--- Supplied information Enclosed Below ---

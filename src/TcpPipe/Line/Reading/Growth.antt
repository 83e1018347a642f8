-- ===== src/TcpPipe/Line/Reading/Growth.antt =====
-- How a read of a tcp_pipe_endpoint grows by the bytes that come.
use common.Base.{
  ℕ, ◌+◌, ◌-◌, ◌<◌, ◌≤◌, ◌≡◌, refl, sym, ap, ◌∙◌, List, [], ◌∷◌, ◌++◌, append_assoc, length, take,
  drop, arith, leb, ◌==◌, not, ◌&&◌, Bool-cases, inl, inr, some, length-append, length-drop,
  length-take, subst,
}
use common.Utils.Memory.{AllBytes, block, length-block}
use common.Utils.Buffer.{Buffer}
use common.Utils.Buffer
use common.Message.Types.{max_transfer_message_size}
use common.Message.Decode.Fields.{AllBytes-append}
use common.TcpPipe.Slices.{take_within, take_past, take_put, take-append_drop, All-take, All-drop}
use common.TcpPipe.Operation.{Endian, put_at}
use common.TcpPipe.Operation.Read
use common.TcpPipe.Operation.Read.{
  ReadProgress, add_bytes, payload_for, is_payload_buffer_valid, get_buffer_for_unread_header,
  get_buffer_for_unread_payload, is_payload_completed, fill_header, fill_payload,
}
use common.TcpPipe.Line.Reading.{received, Stage, heading, loading, GoodRead}

length-put_at :
    (n : ℕ) (bytes mem : List ℕ)
    → n + length bytes ≤ length mem
    → length (put_at n bytes mem) ≡ length mem
length-put_at n bytes mem h = omega (
  arith,
  length-append (take n mem) (bytes ++ drop (n + length bytes) mem),
  length-append bytes (drop (n + length bytes) mem),
  length-drop (n + length bytes) mem,
  length-take n mem,
)

put_at-AllBytes :
    (n : ℕ) (bytes mem : List ℕ) → AllBytes bytes → AllBytes mem → AllBytes (put_at n bytes mem)
put_at-AllBytes n bytes mem h k =
    AllBytes-append (take n mem) _ (All-take _ n mem k)
      (AllBytes-append bytes (drop (n + length bytes) mem) h (All-drop _ (n + length bytes) mem k))

module _ (e : Endian) (garbage : ℕ → ℕ) where
  abbrev pub Grown : ReadProgress → ReadProgress → List ℕ → Type 0
  Grown r r' bytes = GoodRead e r' × (received r' ≡ received r ++ bytes)

  pub read_starts : (r : ReadProgress) → r ≡ Read.create → GoodRead e r × (received r ≡ [])
  unfolding Read.create
  read_starts r eq =
      subst (λ r. GoodRead e r × (received r ≡ [])) (sym eq)
        (record { width = refl; bytes = omega arith; stage = heading (omega arith) refl }, refl)

  -- What a buffer that is made for a message holds.
  made :
      (h : List ℕ) (size : ℕ)
      → e.big_to_native h ≡ size
      → Stage e (record {
        m_header = h;
        m_payload_buffer = payload_for e garbage size Buffer.empty;
        m_bytes_read = 4;
      })
  unfolding Buffer.create
  made h size eq = elim (Bool-cases (not (size == 0) && leb size max_transfer_message_size)) [
    | inr refused ↦ rw refused (heading (omega arith) refl)
    | inl fits ↦ rw fits (
        loading (block garbage size)
          (ap (λ n. record { m_buffer = some (block garbage size); m_size = n })
            (sym (length-block garbage size)))
          (eq ∙ sym (length-block garbage size)) (ground (arith, length-block garbage size, fits))
          (ground (arith, length-block garbage size, fits)) (omega arith) (omega arith))
  ]

  -- What is received of the header, whatever the buffer of the payload holds.
  header_received :
      (n : ℕ) (h bytes p q : List ℕ)
      → length h ≡ 4
      → n + length bytes ≤ 4
      → take (n + length bytes) (put_at n bytes h ++ p) ≡ take n (h ++ q) ++ bytes
  header_received n h bytes p q width fits =
      take_within (n + length bytes) (put_at n bytes h) p (omega (arith, length-put_at n bytes h))
      ∙ take_put n h bytes (drop (n + length bytes) h) (omega arith)
      ∙ ap (λ t. t ++ bytes) (sym (take_within n h q (omega arith)))

  pub heading_grows :
      (n : ℕ) (h bytes : List ℕ)
      → length h ≡ 4
      → AllBytes h
      → AllBytes bytes
      → n + length bytes ≤ 4
      → let r : ReadProgress = record {
        m_header = h;
        m_payload_buffer = Buffer.empty;
        m_bytes_read = n;
      } in
        Grown r (add_bytes e garbage (length bytes) (fill_header bytes r)) bytes
  unfolding add_bytes fill_header Buffer.empty
  heading_grows n h bytes width all new fits = elim (Bool-cases (n + length bytes == 4)) [
    | inl whole ↦ rw whole (
      record {
        width = length-put_at n bytes h (omega arith) ∙ width;
        bytes = put_at-AllBytes n bytes h new all;
        stage =
            subst
              (λ k. Stage e (record {
                m_header = put_at n bytes h;
                m_payload_buffer =
                    payload_for e garbage (e.big_to_native (put_at n bytes h)) Buffer.empty;
                m_bytes_read = k;
              }))
              (ground (arith, whole))
              (made (put_at n bytes h) (e.big_to_native (put_at n bytes h)) refl);
      },
      header_received n h bytes _ [] width fits,
    )
    | inr part ↦ rw part (
      record {
        width = length-put_at n bytes h (omega arith) ∙ width;
        bytes = put_at-AllBytes n bytes h new all;
        stage = heading fits refl;
      },
      header_received n h bytes _ [] width fits,
    )
  ]

  -- A header that is whole has no room left.
  pub no_room_grows :
      (n : ℕ) (h mem bytes : List ℕ)
      → length h ≡ 4
      → AllBytes h
      → AllBytes bytes
      → e.big_to_native h ≡ length mem
      → 0 < length mem
      → length mem ≤ max_transfer_message_size
      → 4 ≤ n
      → n + length bytes ≤ 4
      → let r : ReadProgress = record {
        m_header = h;
        m_payload_buffer = record { m_buffer = some mem; m_size = length mem };
        m_bytes_read = n;
      } in
        Grown r (add_bytes e garbage (length bytes) (fill_header bytes r)) bytes
  unfolding add_bytes fill_header
  no_room_grows n h mem bytes width all new size some_ low high fits = (
    record {
      width = length-put_at n bytes h (omega arith) ∙ width;
      bytes = put_at-AllBytes n bytes h new all;
      stage =
          loading mem refl (ap e.big_to_native (same bytes (omega arith)) ∙ size) some_ low
            (omega arith) (omega arith);
    },
    header_received n h bytes mem mem width fits,
  )
    where
      same : (bytes : List ℕ) → length bytes ≡ 0 → put_at n bytes h ≡ h
      same [] nil = ap (λ k. take n h ++ drop k h) {y = n} (omega arith) ∙ take-append_drop n h
      same (b ∷ bytes) nil = absurd (omega arith)

  pub payload_grows :
      (k : ℕ) (h mem bytes : List ℕ)
      → length h ≡ 4
      → AllBytes h
      → e.big_to_native h ≡ length mem
      → 0 < length mem
      → length mem ≤ max_transfer_message_size
      → k + length bytes ≤ length mem
      → let r : ReadProgress = record {
        m_header = h;
        m_payload_buffer = record { m_buffer = some mem; m_size = length mem };
        m_bytes_read = 4 + k;
      } in
        Grown r (add_bytes e garbage (length bytes) (fill_payload bytes r)) bytes
  unfolding add_bytes fill_payload
  payload_grows k h mem bytes width all size some_ low fits = rw (index k) (
    record {
      width = width;
      bytes = all;
      stage =
          loading (put_at k bytes mem)
            (ap (λ n. record { m_buffer = some (put_at k bytes mem); m_size = n })
              (sym (length-put_at k bytes mem fits)))
            (size ∙ sym (length-put_at k bytes mem fits))
            (omega (arith, length-put_at k bytes mem fits))
            (omega (arith, length-put_at k bytes mem fits)) (omega arith)
            (omega (arith, length-put_at k bytes mem fits));
    },
    come,
  )
    where
      index : (k : ℕ) → 4 + k - 4 ≡ k
      index k = omega arith

      come :
          take (4 + k + length bytes) (h ++ put_at k bytes mem) ≡ take (4 + k) (h ++ mem) ++ bytes
      come =
          ap (λ n. take n (h ++ put_at k bytes mem)) {y = length h + (k + length bytes)}
            (omega arith)
          ∙ take_past (k + length bytes) h (put_at k bytes mem)
          ∙ ap (λ t. h ++ t) (take_put k mem bytes (drop (k + length bytes) mem) (omega arith))
          ∙ sym (append_assoc h (take k mem) bytes)
          ∙ ap (λ t. t ++ bytes)
              (sym (take_past k h mem) ∙ ap (λ n. take n (h ++ mem)) {y = 4 + k} (omega arith))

--- End of Enclosed Supplied information ---

• Work order:
Show, from the records above, every line that includes "Operation".

• Your solution:
use common.TcpPipe.Operation.{Endian, put_at}
use common.TcpPipe.Operation.Read
use common.TcpPipe.Operation.Read.{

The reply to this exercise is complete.